I’d believed that the church in Australia was being persecuted, that we were up against an increasingly humanistic society that left little room for God. I’d believed that it would be a battle to share my faith with people, because their hearts would be hard and the conversation would be adversarial unless I’d prepped the ground with months if not years of friendship.

I discovered I was wrong on oh-so-many counts. Perhaps I’d changed my posture from needing to be right and to convert people to my way of thinking, to just wanting to understand and connect with people. I don’t know. But over the last three years, I’ve sat with atheists, agnostics, pagans, and people of many other spiritual persuasions and we have talked and talked and talked. In these conversations I’ve been warmed by a shared desire to make the world a better place, to better serve humanity, and to show deeper compassion to the marginalised and down-trodden. I’ve seen noble, compassionate and heart-warming similarities in the ethos of these people and for the first time in my life felt like the something we shared was greater than the something that divided us.

Surely this is a better place to start than on a street corner with a megaphone shouting a message of sin and damnation.

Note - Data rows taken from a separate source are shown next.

-- ===== src/Directory/Listing.antt =====
-- dir.c: `chunkfs_iterate` and `chunkfs_dir_llseek` at a position inside the directory.
use chunkfs.Base.{
  ℕ, ◌-◌, ◌^◌, ◌<◌, ◌≡◌, ◌≢◌, ◌⊎◌, ◌↔◌, ◌==◌, inl, inr, refl, Bool-cases, sym, ap, ◌∙◌, none, List,
  arith,
}
use mathlib.Core.Path.{subst}
use chunkfs.Kernel.{Ret, ok}
use chunkfs.Client.{ClientFile, Inode, Status, success, failure, Transfer, moved, Client}
use chunkfs.Cont.{Continuation, Head, World}
use chunkfs.Walk.Same.{Same}
use chunkfs.Walk.Search.{end_from, Holder}
use chunkfs.File.{OpenFile}
use chunkfs.File.View.{Holder-unique, range-le-end}
use chunkfs.File.Sizes.{InodePath}
use chunkfs.File.Opening.{IsFile, InodePath-Same, at_offset, closed, opened_at, close_cont_file_lem}
use chunkfs.Directory.{
  DirOps, as_int, Listed, Emitted, listed, chunkfs_iterate, iterate_at_cont, chunkfs_dir_llseek,
  seek_at_cont, seek_with,
}

-- A client's `iterate` changes no name, inode or attribute.
abbrev pub IterateKeeps : (c : Client) → DirOps c → Type 0
IterateKeeps c ops =
    (s : c.State) (f : ClientFile) (ctx_pos : ℕ) → Same c s (ops.iterate s f ctx_pos).fs

-- What the caller is to get of a client's status: 61 is `ENODATA`.
abbrev pub Told : Status → Status → Type 0
Told success status = status ≡ success
Told (failure e) status = ((e ≡ 61) × (status ≡ success)) ⊎ ((e ≢ 61) × (status ≡ failure e))

listed-Told : (c : Client) (ops : DirOps c) (a : Status) → Told a (listed c ops a)
listed-Told c ops success = refl
listed-Told c ops (failure e) = elim (Bool-cases (e == 61)) [
  | inl is ↦ inl (ground (arith, is), rw is refl)
  | inr not ↦ inr (ground (arith, not), rw not refl)
]

-- `chunkfs_iterate` at a position inside a directory, where the client's `iterate` changes no name,
-- inode or attribute, calls it on the file of the continuation that holds the position, with
-- `ctx->pos` as it was given, not made relative to the continuation. It emits what the client does,
-- leaves `ctx->pos` as the client does, and returns the client's status, but for the error 61
-- (`ENODATA`), which counts as success. The directory's position is then the client file's with the
-- continuation's start added, and its size and attributes are taken from the clients. There is
-- memory, `dentry_open` succeeds, the ranges adjoin from byte 0 on and end below `2 ^ 64`, the
-- inodes can be had, and the fuel exceeds the numbers of continuations and inodes (`IsFile`).
pub chunkfs_iterate_lem :
    (c : Client) (ops : DirOps c) (head : Head) (fuel : ℕ) (file : OpenFile) (ctx_pos : ℕ)
    (w : World c.State) (ns : List Continuation) (is : List Inode)
    → IsFile c head fuel w.fs ns is
    → IterateKeeps c ops
    → file.f_pos < end_from 0 ns
    → (n : Continuation) × Holder file.f_pos ns n
      × (x : Listed Emitted) × ((chunkfs_iterate c ops fuel head file ctx_pos w).0 ≡ ok x)
      × (let a = ops.iterate w.fs (at_offset n file.f_pos) ctx_pos in
          Told a.status x.result.status
          × (x.result.entries ≡ a.entries)
          × (x.result.ctx_pos ≡ a.ctx_pos)
          × (x.file ≡ closed c a.fs is a.file n))
unfolding chunkfs_iterate iterate_at_cont
chunkfs_iterate_lem c ops head fuel file ctx_pos w ns is f keeps inside =
    let (n, holds, w', same, e) = opened_at c head fuel file file.f_pos w ns is f inside in
    let at = at_offset n file.f_pos in
    let a = λ (s : c.State). ops.iterate s at ctx_pos in
    let path : InodePath c (a w'.fs).fs head none is =
      InodePath-Same c w'.fs (a w'.fs).fs head (keeps w'.fs at ctx_pos)
        (subst (λ s. InodePath c s head none is) (sym same) f.inodes) in
    let x : Listed Emitted = record {
      result = record {
        status = listed c ops (a w.fs).status;
        entries = (a w.fs).entries;
        ctx_pos = (a w.fs).ctx_pos;
      };
      file = closed c (a w.fs).fs is (a w.fs).file n;
    } in
    (
      n,
      holds,
      x,
      rw (
        e,
        close_cont_file_lem c head fuel file (a w'.fs).file n (record w' { fs = (a w'.fs).fs }) is
            path f.inode_rounds,
        same,
      ),
      (listed-Told c ops (a w.fs).status, refl, refl, refl),
    )

as_int_iff : (pos : ℕ) → (as_int (moved pos) ≡ moved pos) ↔ (pos < 2 ^ 31)
unfolding as_int
as_int_iff pos = ground arith

-- The answer of a client that found the position `pos` is told to the caller.
abbrev pub Tells : Ret (Listed (Transfer ℕ)) → ℕ → Type 0
Tells r pos = (f : OpenFile) × (r ≡ ok (record { result = moved pos; file = f }))

-- Where the client's `llseek` in a directory finds a position, `chunkfs_dir_llseek` returns that
-- position exactly if it is below `2 ^ 31`. The offset lies in a continuation of the directory, and
-- the conditions of `IsFile` hold: memory, `dentry_open`, ranges that adjoin, and fuel.
pub chunkfs_dir_llseek_iff :
    (c : Client) (ops : DirOps c) (head : Head) (fuel : ℕ) (file : OpenFile) (offset origin pos : ℕ)
    (w : World c.State) (ns : List Continuation) (is : List Inode) (n : Continuation)
    → IsFile c head fuel w.fs ns is
    → Holder offset ns n
    → (seek_with c ops ops.llseek (at_offset n offset) (offset - n.co_cd.cd_start) origin).result
      ≡ moved pos
    → Tells (chunkfs_dir_llseek c ops fuel head file offset origin w).0 pos ↔ (pos < 2 ^ 31)
unfolding chunkfs_dir_llseek seek_at_cont
chunkfs_dir_llseek_iff c ops head fuel file offset origin pos w ns is m f holder answer =
    let inside : offset < end_from 0 ns =
      omega (arith, holder.to, range-le-end 0 ns m f.adjoin holder.member) in
    let (n, holds, w', same, e) = opened_at c head fuel file offset w ns is f inside in
    let own = Holder-unique 0 offset ns n m f.adjoin holds holder in
    let path : InodePath c w'.fs head none is =
      subst (λ s. InodePath c s head none is) (sym same) f.inodes in
    let at = λ (x : Continuation).
      seek_with c ops ops.llseek (at_offset x offset) (offset - x.co_cd.cd_start) origin in
    let a = at n in
    let told : a.result ≡ moved pos = ap (λ (x : Continuation). (at x).result) own ∙ answer in
    let returns : (chunkfs_dir_llseek c ops fuel head file offset origin w).0
        ≡ ok (record { result = as_int (moved pos); file = closed c w'.fs is a.file n }) =
      rw (e, close_cont_file_lem c head fuel file a.file n w' is path f.inode_rounds, told) in
    (
      λ (g, tells). (as_int_iff pos).0 (cc (returns, tells)),
      λ small. (
        closed c w'.fs is a.file n,
        returns
            ∙ ap (λ r. ok (record { result = r; file = closed c w'.fs is a.file n }))
                ((as_int_iff pos).1 small),
      ),
    )
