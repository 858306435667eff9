-- ===== src/File/Reading.antt =====
-- file.c: `chunkfs_read` and `chunkfs_write` at an offset inside a file.
use chunkfs.Base.{
  ℕ, ◌-◌, ◌<◌, ◌≡◌, ◌≢◌, ◌⊎◌, ◌==◌, inl, inr, refl, sym, ap, ◌∙◌, none, List, [], arith, Bool-cases,
}
use mathlib.Core.Path.{subst}
use chunkfs.Kernel.{ok}
use chunkfs.Client.{Inode, Transfer, moved, refused_io, Client}
use chunkfs.Cont.{Continuation, Head, World}
use chunkfs.Walk.Search.{end_from, Holder}
use chunkfs.File.{OpenFile, Returned, no_problemo, chunkfs_read, chunkfs_write}
use chunkfs.File.Sizes.{InodePath}
use chunkfs.File.Opening.{
  ReadKeeps, WriteKeeps, at_offset, read_result, write_result, read_at_cont_lem, write_at_cont_lem,
  read_opened, write_opened, IsFile, opened_at, closed,
}

-- The whole outcome of a read inside a file: the result, and the clients' state.
pub read_inside :
    (c : Client) (head : Head) (fuel : ℕ) (file : OpenFile) (len : ℕ) (ppos : ℕ) (w : World c.State)
    (ns : List Continuation) (is : List Inode)
    → IsFile c head fuel w.fs ns is
    → ReadKeeps c
    → ppos < end_from 0 ns
    → (n : Continuation) × Holder ppos ns n
      × (w' : World c.State) × (w'.fs
          ≡ (c.read w.fs (at_offset n ppos) len (ppos - n.co_cd.cd_start)).fs)
      × (chunkfs_read c fuel head file len ppos w
          ≡ (ok (read_result c head fuel file w.fs is len ppos n), w'))
read_inside c head fuel file len ppos w ns is f keeps inside =
    let (n, holds, w', same, e) = opened_at c head fuel file ppos w ns is f inside in
    let path = subst (λ s. InodePath c s head none is) (sym same) f.inodes in
    let a = λ (s : c.State). c.read s (at_offset n ppos) len (ppos - n.co_cd.cd_start) in
    let w'' : World c.State = record w' { fs = (a w'.fs).fs; conts = w'.conts - 1 } in
    (
      n,
      holds,
      w'',
      ap (λ s. (a s).fs) same,
      read_opened c head fuel file len ppos w w' _ e
          ∙ read_at_cont_lem c head fuel file n ppos w' is path f.inode_rounds len keeps
          ∙ ap (λ s. (ok (read_result c head fuel file s is len ppos n), w'')) same,
    )

-- What the caller is to get of a client's answer: 61 is `ENODATA`.
abbrev pub Told : Transfer (List ℕ) → Transfer (List ℕ) → Type 0
Told (moved bs) result = result ≡ moved bs
Told (refused_io e) result = ((e ≡ 61) × (result ≡ moved [])) ⊎ ((e ≢ 61) × (result ≡ refused_io e))

no_problemo-Told : (c : Client) (a : Transfer (List ℕ)) → Told a (no_problemo c a)
no_problemo-Told c (moved bs) = refl
no_problemo-Told c (refused_io e) = elim (Bool-cases (e == 61)) [
  | inl is ↦ inl (ground (arith, is), rw is refl)
  | inr not ↦ inr (ground (arith, not), rw not refl)
]

-- A read inside a file returns what the client's `read` does of the one continuation that holds the
-- offset, at the offset's place in it, but for the error 61 (`ENODATA`), which counts as nothing
-- read. The file's size and attributes are then taken from the clients, its position is the client
-- file's with the continuation's start added, and `*ppos` is the client's. The client's `read`
-- changes no name, inode or attribute; there is memory, `dentry_open` succeeds, the ranges adjoin
-- from byte 0 on and end below `2 ^ 64`, the inodes can be had, and the fuel exceeds the numbers of
-- continuations and inodes (`IsFile`).
pub chunkfs_read_inside :
    (c : Client) (head : Head) (fuel : ℕ) (file : OpenFile) (len ppos : ℕ) (w : World c.State)
    (ns : List Continuation) (is : List Inode)
    → IsFile c head fuel w.fs ns is
    → ReadKeeps c
    → ppos < end_from 0 ns
    → (n : Continuation) × Holder ppos ns n
      × (x : Returned (List ℕ)) × ((chunkfs_read c fuel head file len ppos w).0 ≡ ok x)
      × (let a = c.read w.fs (at_offset n ppos) len (ppos - n.co_cd.cd_start) in
          Told a.result x.result × (x.ppos ≡ a.ppos) × (x.file ≡ closed c a.fs is a.file n))
chunkfs_read_inside c head fuel file len ppos w ns is f keeps inside =
    let (n, holds, w', fs, e) = read_inside c head fuel file len ppos w ns is f keeps inside in
    (
      n,
      holds,
      read_result c head fuel file w.fs is len ppos n,
      ap (λ x. x.0) e,
      (no_problemo-Told c _, refl, refl),
    )

-- The whole outcome of a write inside a file: the result, and the clients' state.
pub write_inside :
    (c : Client) (head : Head) (fuel : ℕ) (file : OpenFile) (bs : List ℕ) (ppos : ℕ)
    (w : World c.State) (ns : List Continuation) (is : List Inode)
    → IsFile c head fuel w.fs ns is
    → WriteKeeps c
    → ppos < end_from 0 ns
    → (n : Continuation) × Holder ppos ns n
      × (w' : World c.State) × (w'.fs
          ≡ (c.write w.fs (at_offset n ppos) bs (ppos - n.co_cd.cd_start)).fs)
      × (chunkfs_write c fuel head file bs ppos w
          ≡ (ok (write_result c head fuel file w.fs is bs ppos n), w'))
write_inside c head fuel file bs ppos w ns is f keeps inside =
    let (n, holds, w', same, e) = opened_at c head fuel file ppos w ns is f inside in
    let path = subst (λ s. InodePath c s head none is) (sym same) f.inodes in
    let a = λ (s : c.State). c.write s (at_offset n ppos) bs (ppos - n.co_cd.cd_start) in
    let w'' : World c.State = record w' { fs = (a w'.fs).fs; conts = w'.conts - 1 } in
    (
      n,
      holds,
      w'',
      ap (λ s. (a s).fs) same,
      write_opened c head fuel file bs ppos w w' _ e
          ∙ write_at_cont_lem c head fuel file n ppos w' is path f.inode_rounds bs keeps
          ∙ ap (λ s. (ok (write_result c head fuel file s is bs ppos n), w'')) same,
    )

-- A write inside a file, where the client's `write` changes no name, inode or attribute, is the
-- client's `write` to the one continuation that holds the offset, at the offset's place in it. The
-- file's size and attributes are then taken from the clients, its position is the client file's
-- with the continuation's start added, and `*ppos` is the client's. There is memory, `dentry_open`
-- succeeds, the ranges adjoin from byte 0 on and end below `2 ^ 64`, the inodes can be had, and the
-- fuel exceeds the numbers of continuations and inodes (`IsFile`).
pub chunkfs_write_inside :
    (c : Client) (head : Head) (fuel : ℕ) (file : OpenFile) (bs : List ℕ) (ppos : ℕ)
    (w : World c.State) (ns : List Continuation) (is : List Inode)
    → IsFile c head fuel w.fs ns is
    → WriteKeeps c
    → ppos < end_from 0 ns
    → (n : Continuation) × Holder ppos ns n
      × ((chunkfs_write c fuel head file bs ppos w).0
          ≡ ok (write_result c head fuel file w.fs is bs ppos n))
chunkfs_write_inside c head fuel file bs ppos w ns is f keeps inside =
    let (n, holds, w', fs, e) = write_inside c head fuel file bs ppos w ns is f keeps inside in
    (n, holds, ap (λ x. x.0) e)
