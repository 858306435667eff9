-- ===== src/File/Ends.antt =====
-- file.c: reads and writes at the end of a file and behind it, and the positions that a read leaves.
use chunkfs.Base.{
  ℕ, ◌+◌, ◌-◌, ◌^◌, ◌≤◌, ◌<◌, ◌≡◌, refl, sym, ap, ◌∙◌, none, List, [], ◌∷◌, ◌++◌, arith, length,
  length-append,
}
use mathlib.Core.Path.{subst}
use chunkfs.Kernel.{ok, err, enoent}
use chunkfs.Client.{Transfer, refused_io, ClientFile, opened, moved, Client, XattrLaws}
use chunkfs.Cont.{Continuation, Head, World}
use chunkfs.Cont.Attributes.{Settable}
use chunkfs.Walk.{get_cont_at_offset}
use chunkfs.Walk.Path.{ContPath, HasMemory}
use chunkfs.Walk.Search.{Adjoin, end_from, Holder, get_cont_at_offset-cases}
use chunkfs.Create.{OpenCont}
use chunkfs.Create.Kept.{with_next}
use chunkfs.Create.Opens.{OpenLaws, New, new_path}
use chunkfs.Create.Extends.{create_continuation-ContPath}
use chunkfs.File.{OpenFile, Returned, open_cont_file, chunkfs_read, write_at_cont, chunkfs_write}
use chunkfs.File.Reading.{read_inside}
use chunkfs.File.Opening.{IsFile, ReadKeeps, at_offset}

-- The search that finds nothing makes the opening fail.
pub open_past :
    (c : Client) (head : Head) (fuel ppos : ℕ) (w : World c.State) (ns : List Continuation)
    → HasMemory c
    → ContPath c w.fs head none ns
    → Adjoin 0 ns
    → end_from 0 ns < 2 ^ 64
    → length ns < fuel
    → end_from 0 ns ≤ ppos
    → (w' : World c.State) × (w'.fs ≡ w.fs) × (open_cont_file c fuel head ppos w ≡ (err enoent, w'))
unfolding open_cont_file
open_past c head fuel ppos w ns memory path adj small rounds past =
    let (fs, found, missed) =
      get_cont_at_offset-cases c head ppos fuel w ns memory path adj small rounds in
    ((get_cont_at_offset c fuel head ppos w).1, fs, rw (missed past))

-- A read at the end of a file or behind it reads nothing and is no error. The file, `*ppos` and the
-- clients are as before. The file's ranges adjoin and end below `2 ^ 64`, there is memory, and the
-- fuel exceeds the number of continuations.
pub chunkfs_read_past :
    (c : Client) (head : Head) (fuel : ℕ) (file : OpenFile) (len ppos : ℕ) (w : World c.State)
    (ns : List Continuation)
    → HasMemory c
    → ContPath c w.fs head none ns
    → Adjoin 0 ns
    → end_from 0 ns < 2 ^ 64
    → length ns < fuel
    → end_from 0 ns ≤ ppos
    → let (r, w') = chunkfs_read c fuel head file len ppos w in
      (r ≡ ok (record { result = moved []; ppos = ppos; file = file })) × (w'.fs ≡ w.fs)
unfolding chunkfs_read
chunkfs_read_past c head fuel file len ppos w ns memory path adj small rounds past =
    let (w', fs, e) = open_past c head fuel ppos w ns memory path adj small rounds past in
    rw (ap (λ x. x.0) e, chunkfs_read, ap (λ x. x.1) e) (refl, fs)

-- The number of bytes that a read moved.
abbrev pub count : Transfer (List ℕ) → ℕ
count (moved bs) = length bs
count (refused_io e) = 0

-- A client's `read` leaves its file's position alone and moves `*ppos` by what it read.
pub record ReadLaws (c : Client) : Type 0 where
  pub file : (s : c.State) (f : ClientFile) (len pos : ℕ) → (c.read s f len pos).file ≡ f
  pub moves :
      (s : c.State) (f : ClientFile) (len pos : ℕ)
      → let a = c.read s f len pos in a.ppos ≡ pos + count a.result

-- After a read inside a file, where the client's `read` leaves its file's position alone and moves
-- `*ppos` by what it read, the position of the file is the offset as it was, and `*ppos` has moved
-- by the bytes read, but counts from the start of the continuation that was read. The client's
-- `read` changes no name, inode or attribute. There is memory, `dentry_open` succeeds, the ranges
-- adjoin from byte 0 on and end below `2 ^ 64`, the inodes can be had, and the fuel exceeds the
-- numbers of continuations and inodes (`IsFile`).
pub chunkfs_read_positions :
    (c : Client) (head : Head) (fuel : ℕ) (file : OpenFile) (len ppos : ℕ) (w : World c.State)
    (ns : List Continuation) (is : List ℕ)
    → IsFile c head fuel w.fs ns is
    → ReadKeeps c
    → ReadLaws c
    → ppos < end_from 0 ns
    → (n : Continuation) × Holder ppos ns n
      × (r : Returned (List ℕ)) × ((chunkfs_read c fuel head file len ppos w).0 ≡ ok r)
      × (r.file.f_pos ≡ ppos)
      × (r.ppos + n.co_cd.cd_start
          ≡ ppos + count (c.read w.fs (at_offset n ppos) len (ppos - n.co_cd.cd_start)).result)
chunkfs_read_positions c head fuel file len ppos w ns is f keeps laws inside =
    let (n, holds, w', fs, e) = read_inside c head fuel file len ppos w ns is f keeps inside in
    (
      n,
      holds,
      _,
      ap (λ x. x.0) e,
      rw (laws.file w.fs (at_offset n ppos) len (ppos - n.co_cd.cd_start))
          (omega (arith, holds.from, f.size)),
      omega (arith, laws.moves w.fs (at_offset n ppos) len (ppos - n.co_cd.cd_start), holds.from),
    )

pub end_from_last :
    (s : ℕ) (before : List Continuation) (p : Continuation)
    → Adjoin s (before ++ p ∷ [])
    → end_from s (before ++ p ∷ []) ≡ p.co_cd.cd_start + p.co_cd.cd_len
end_from_last s [] p adj = omega (arith, adj.0)
end_from_last s (b ∷ before) p adj = end_from_last (s + b.co_cd.cd_len) before p adj.1

-- A write at the very end of a file whose ranges adjoin, under the conditions on which a
-- continuation is created, makes one that starts there, behind the last one, and goes on as a write
-- to it at its byte 0. The file's ranges still adjoin.
pub chunkfs_write_end :
    (c : Client) (head : Head) (fuel : ℕ) (file : OpenFile) (bs : List ℕ)
    (before : List Continuation) (p : Continuation) (w : World c.State) (f : ClientFile)
    (s : c.State)
    → XattrLaws c
    → OpenLaws c
    → HasMemory c
    → Settable c
    → ContPath c w.fs head none (before ++ p ∷ [])
    → Adjoin 0 (before ++ p ∷ [])
    → end_from 0 (before ++ p ∷ []) < 2 ^ 64
    → length before + 1 < fuel
    → c.filp_open w.fs (new_path p) ≡ (opened f, s)
    → New c head s f p before
    → let end_ = end_from 0 (before ++ p ∷ []) in
      (o : OpenCont) × (w' : World c.State) × (chunkfs_write c fuel head file bs end_ w
        ≡ write_at_cont c fuel head file bs o w')
      × ContPath c w'.fs head none (before ++ with_next p o.cont.co_uino ∷ (o.cont ∷ []))
      × Adjoin 0 (before ++ with_next p o.cont.co_uino ∷ (o.cont ∷ []))
      × (o.cont.co_cd.cd_start ≡ end_)
      × (o.ppos ≡ 0)
unfolding chunkfs_write
chunkfs_write_end c head fuel file bs before p w f s laws open_laws memory settable path adj small
      rounds e new =
    let ns = before ++ p ∷ [] in
    let (v, fs, missed) =
      open_past c head fuel (end_from 0 ns) w ns memory path adj small
        (omega (arith, length-append before (p ∷ []))) (omega arith) in
    let (o, w', made, there, adjoins, start, pos) =
      create_continuation-ContPath c head fuel (end_from 0 ns) before p v f s laws open_laws memory
        settable (subst (λ x. ContPath c x head none ns) (sym fs) path) adj small rounds
        (ap (λ x. c.filp_open x (new_path p)) fs ∙ e) new in
    let start : o.cont.co_cd.cd_start ≡ end_from 0 ns =
      omega (arith, start, end_from_last 0 before p adj) in
    (o, w', rw (missed, made), there, adjoins, start, pos ∙ omega (arith, start))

I’ve realised that the Western world really isn’t a place where the church is truly being persecuted. We are blessed! Syrian Christians are being persecuted, for sure! Christians in some Muslim countries sure are, but Remnant theology doesn’t belong in the Western world because all we face in terms of persecution is adverse opinions on Facebook (which literally everyone faces, regardless of creed), and a government that wants to make sure the church doesn’t abuse people – surely a noble and Christlike pursuit by the powers that be!

So is faith relevant? You betchya! But does Institutional Religion have to evolve in order to maintain relevance in an ever-evolving world – heck yes.

How do we evolve? I don’t know. All I know is how I have personally evolved, and that I feel like my faith is more relevant now than it ever has been.

These days, I pursue a faith that concentrates on what it stands for rather than what it stands against. In years gone by, the church as an institution thought of itself as the moral guardian of the world. Preachers could stand on the podium and blast fire and brimstone messages, and hold people in adherence to their faith via fear. It was the stick rather than the carrot. You want to go to Heaven, not Hell. So be a Christian.

I still believe in John 14:6, where Jesus said, “I am the way, the truth and the life. No one comes to the Father but through me.” But I no longer believe that fear of Hell is the only reason we should pursue a life of Christianity.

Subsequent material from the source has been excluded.